Input data:
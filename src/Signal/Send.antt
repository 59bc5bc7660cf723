-- ===== src/Signal/Send.antt =====
-- The sending of a signal, and the return from a handler.
use hobbyos.Base.{
  ℕ, zero, suc, ◌-◌, ◌^◌, ◌<◌, ◌≡◌, refl, ap, ◌∙◌, true, false, ◌&&◌, ◌||◌, not, some, List, [],
  ◌∷◌, ◌++◌, ltb, ◌==◌, bit_or, bit_and, if◌then◌else◌, arith, length, length-modify, modify-modify,
  get_or-modify_self, get_or-modify_keeps, ◌/◌, Bool-cases, inl, inr, append-nil,
}
use hobbyos.Base.Words.{flag, bit_and-zero, bit_or_step, bit_and_step}
use native.Mathlib.Nat.{pow-suc}
use hobbyos.Process.{Process, ProcessState, Kernel, proc, set_proc, zero_process}
use hobbyos.Sched.{set_state, is_blocked, is_unused, is_terminated}
use hobbyos.Sched.Queue.{IsQueue, has, Linked-keep}
use hobbyos.Sched.Fifo.{scheduler_add-append, set_proc-IsQueue, Linked-ready, scheduler_add-keeps}
use hobbyos.ProcessTable.{process_get_by_pid}
use hobbyos.Signal.{
  InterruptFrame, Action, act, save_frame, signal_send, send_to, restore_frame, sys_sigreturn,
  signal_has_fatal, fatal_at, make_ready,
}
use hobbyos.Signal.Pending.{flag-set}

-- A handler that is called with `sys_sigreturn` at its end gives the program back its instruction
-- and stack pointers, its flags and rax, rdi, rsi and rdx, whatever they are when the handler ends,
-- and the process can be given the next signal. The other registers stay as the handler left them.
pub sigreturn_restores :
    (i sig handler : ℕ) (rest : InterruptFrame × Kernel) (f g : InterruptFrame) (k : Kernel)
    → i < length k.table
    → (let (entered, k1) = act i sig (Action.call handler) rest f k in
        (entered.rip ≡ handler)
        × (entered.rdi ≡ sig)
        × (sys_sigreturn i g k1 ≡ (
          record g {
            rip = f.rip;
            rsp = f.rsp;
            rflags = f.rflags;
            rax = f.rax;
            rdi = f.rdi;
            rsi = f.rsi;
            rdx = f.rdx;
          },
          set_proc i (λ p. record (save_frame f p) { in_signal_handler = false }) k,
        )))
unfolding act sys_sigreturn
sigreturn_restores i sig handler rest f g k hi =
    let K = set_proc i (save_frame f) k in
    let body : Process → InterruptFrame × Kernel = λ p.
      (if p.in_signal_handler
        then (
          restore_frame p.sig_saved g,
          set_proc i (λ (q : Process). record q { in_signal_handler = false }) K,
        )
        else (record g { rax = 2 ^ 64 - 1 }, K)) in
    (
      refl,
      refl,
      ap body (get_or-modify_self k.table i (save_frame f) zero_process hi)
          ∙ ap (λ t. (restore_frame (save_frame f (proc k i)).sig_saved g, record k { table = t }))
              (modify-modify k.table i (save_frame f)
                (λ (q : Process). record q { in_signal_handler = false })),
    )

-- A mask of two parts.
bit_and-zero_or :
    (fuel w a b : ℕ)
    → a < 2 ^ fuel
    → b < 2 ^ fuel
    → (bit_and w (bit_or a b) == 0) ≡ ((bit_and w a == 0) && (bit_and w b == 0))
bit_and-zero_or zero w a b ha hb =
    let a0 : a ≡ 0 = omega (arith, ha) in
    let b0 : b ≡ 0 = omega (arith, hb) in rw (a0, b0) (rw (bit_and-zero w) refl)
bit_and-zero_or (suc n) w a b ha hb =
    let half : bit_or a b / 2 ≡ bit_or (a / 2) (b / 2) = omega (arith, bit_or_step a b) in
    let rest =
      bit_and-zero_or n (w / 2) (a / 2) (b / 2) (omega (arith, pow-suc 2 n, ha))
        (omega (arith, pow-suc 2 n, hb)) in
    ground (
      arith,
      bit_and_step w (bit_or a b),
      bit_and_step w a,
      bit_and_step w b,
      rw (← half) at rest,
      bit_or_step a b,
    )

-- `signal_has_fatal` tells whether SIGINT, SIGKILL or SIGTERM is pending, and nothing else.
pub has_fatal_lem :
    (i : ℕ) (k : Kernel)
    → (let w = (proc k i).sig_pending in
        signal_has_fatal (some i) k ≡ (flag w 2 || flag w 9 || flag w 15))
unfolding signal_has_fatal fatal_at
has_fatal_lem i k =
    let w = (proc k i).sig_pending in
    ground (
      arith,
      bit_and-zero_or 16 w (bit_or (2 ^ 2) (2 ^ 9)) (2 ^ 15) (omega arith) (omega arith),
      bit_and-zero_or 16 w (2 ^ 2) (2 ^ 9) (omega arith) (omega arith),
    )

abbrev pub tail_of : Process → ℕ → List ℕ
tail_of p t = if is_blocked p.state then t ∷ [] else []

-- What a process that is sent a signal becomes, but for its place in a queue.
module _ (sig pid t : ℕ) (k : Kernel) (hs : 0 < sig) (hi : sig < 32) (inside : t < length k.table)
    (found : process_get_by_pid pid k ≡ some t) (live : is_unused (proc k t).state ≡ false)
    (stays : is_terminated (proc k t).state ≡ false) where
  abbrev marked : Kernel
  marked = set_proc t (λ p. record p { sig_pending = bit_or p.sig_pending (2 ^ sig) }) k

  marked_at :
      proc marked t
      ≡ (let p = proc k t in record p { sig_pending = bit_or p.sig_pending (2 ^ sig) })
  marked_at = get_or-modify_self k.table t _ zero_process inside

  sent :
      signal_send pid sig k ≡ (if is_blocked (proc k t).state then make_ready t marked else marked)
  unfolding signal_send send_to
  sent =
      let valid : (ltb sig 1 || not (ltb sig 32)) ≡ false = ground (arith, hs, hi) in
      rw (valid, found, live, stays)
        (ap (λ (p : Process). if is_blocked p.state then make_ready t marked else marked) marked_at)

  joined : ℕ
  joined = bit_or (proc k t).sig_pending (2 ^ sig)

  marks :
      (w : ℕ)
      → w ≡ joined
      → (j : ℕ) → j < 32
      → flag w j ≡ ((sig == j) || flag (proc k t).sig_pending j)
  unfolding joined
  marks w e j hj = rw e (flag-set sig j hi hj (proc k t).sig_pending)

  marked-IsQueue : (q : List ℕ) → IsQueue k q → IsQueue marked q
  marked-IsQueue q queue = record {
    linked = Linked-keep k.table t _ q k.queue_head (λ p. refl) (λ p. refl) queue.linked;
    tail = queue.tail;
    distinct = queue.distinct;
  }

  blocked_outside :
      (q : List ℕ) → IsQueue k q → is_blocked (proc k t).state ≡ true → has t q ≡ false
  blocked_outside q queue b = elim (Bool-cases (has t q)) [
    | inl h ↦
        (let ready = Linked-ready k.table q k.queue_head t queue.linked h in
          absurd (ground (arith, rw ready at b)))
    | inr h ↦ h
  ]

  woken-IsQueue :
      (q : List ℕ)
      → IsQueue k q
      → is_blocked (proc k t).state ≡ true
      → IsQueue (make_ready t marked) (q ++ (t ∷ []))
  woken-IsQueue q queue b =
      let out = blocked_outside q queue b in
      scheduler_add-append (set_state t ProcessState.ready marked) t q
        (set_proc-IsQueue marked t _ q (marked-IsQueue q queue) out)
        (rw (length-modify, length-modify) inside) out

  woken_pending : (proc (make_ready t marked) t).sig_pending ≡ joined
  unfolding joined
  woken_pending =
      scheduler_add-keeps (λ (p : Process). p.sig_pending) (λ s n p. refl) t t
        (set_state t ProcessState.ready marked)
      ∙ get_or-modify_keeps (λ (p : Process). p.sig_pending) marked.table t t
          (λ (p : Process). record p { state = ProcessState.ready }) zero_process (λ p. refl)
      ∙ ap (λ (p : Process). p.sig_pending) marked_at

  -- Of the signals below 32 the one that is sent becomes pending, and the others are as they were.
  -- A target that is blocked goes to the end of the ready queue; any other keeps its place.
  pub signal_send_lem :
      (q : List ℕ) (j : ℕ)
      → IsQueue k q
      → j < 32
      → (let k' = signal_send pid sig k in
          IsQueue k' (q ++ tail_of (proc k t) t)
          × (flag (proc k' t).sig_pending j ≡ ((sig == j) || flag (proc k t).sig_pending j)))
  unfolding joined
  signal_send_lem q j queue hj = rw sent (elim (Bool-cases (is_blocked (proc k t).state)) [
    | inl b ↦ rw b (woken-IsQueue q queue b, marks _ woken_pending j hj)
    | inr b ↦
        rw (b, append-nil)
          (marked-IsQueue q queue, marks _ (ap (λ (p : Process). p.sig_pending) marked_at) j hj)
  ])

Work to complete: Read through the lines above and collect those that contain the string "half".

Answer box:
    let half : bit_or a b / 2 ≡ bit_or (a / 2) (b / 2) = omega (arith, bit_or_step a b) in
      rw (← half) at rest,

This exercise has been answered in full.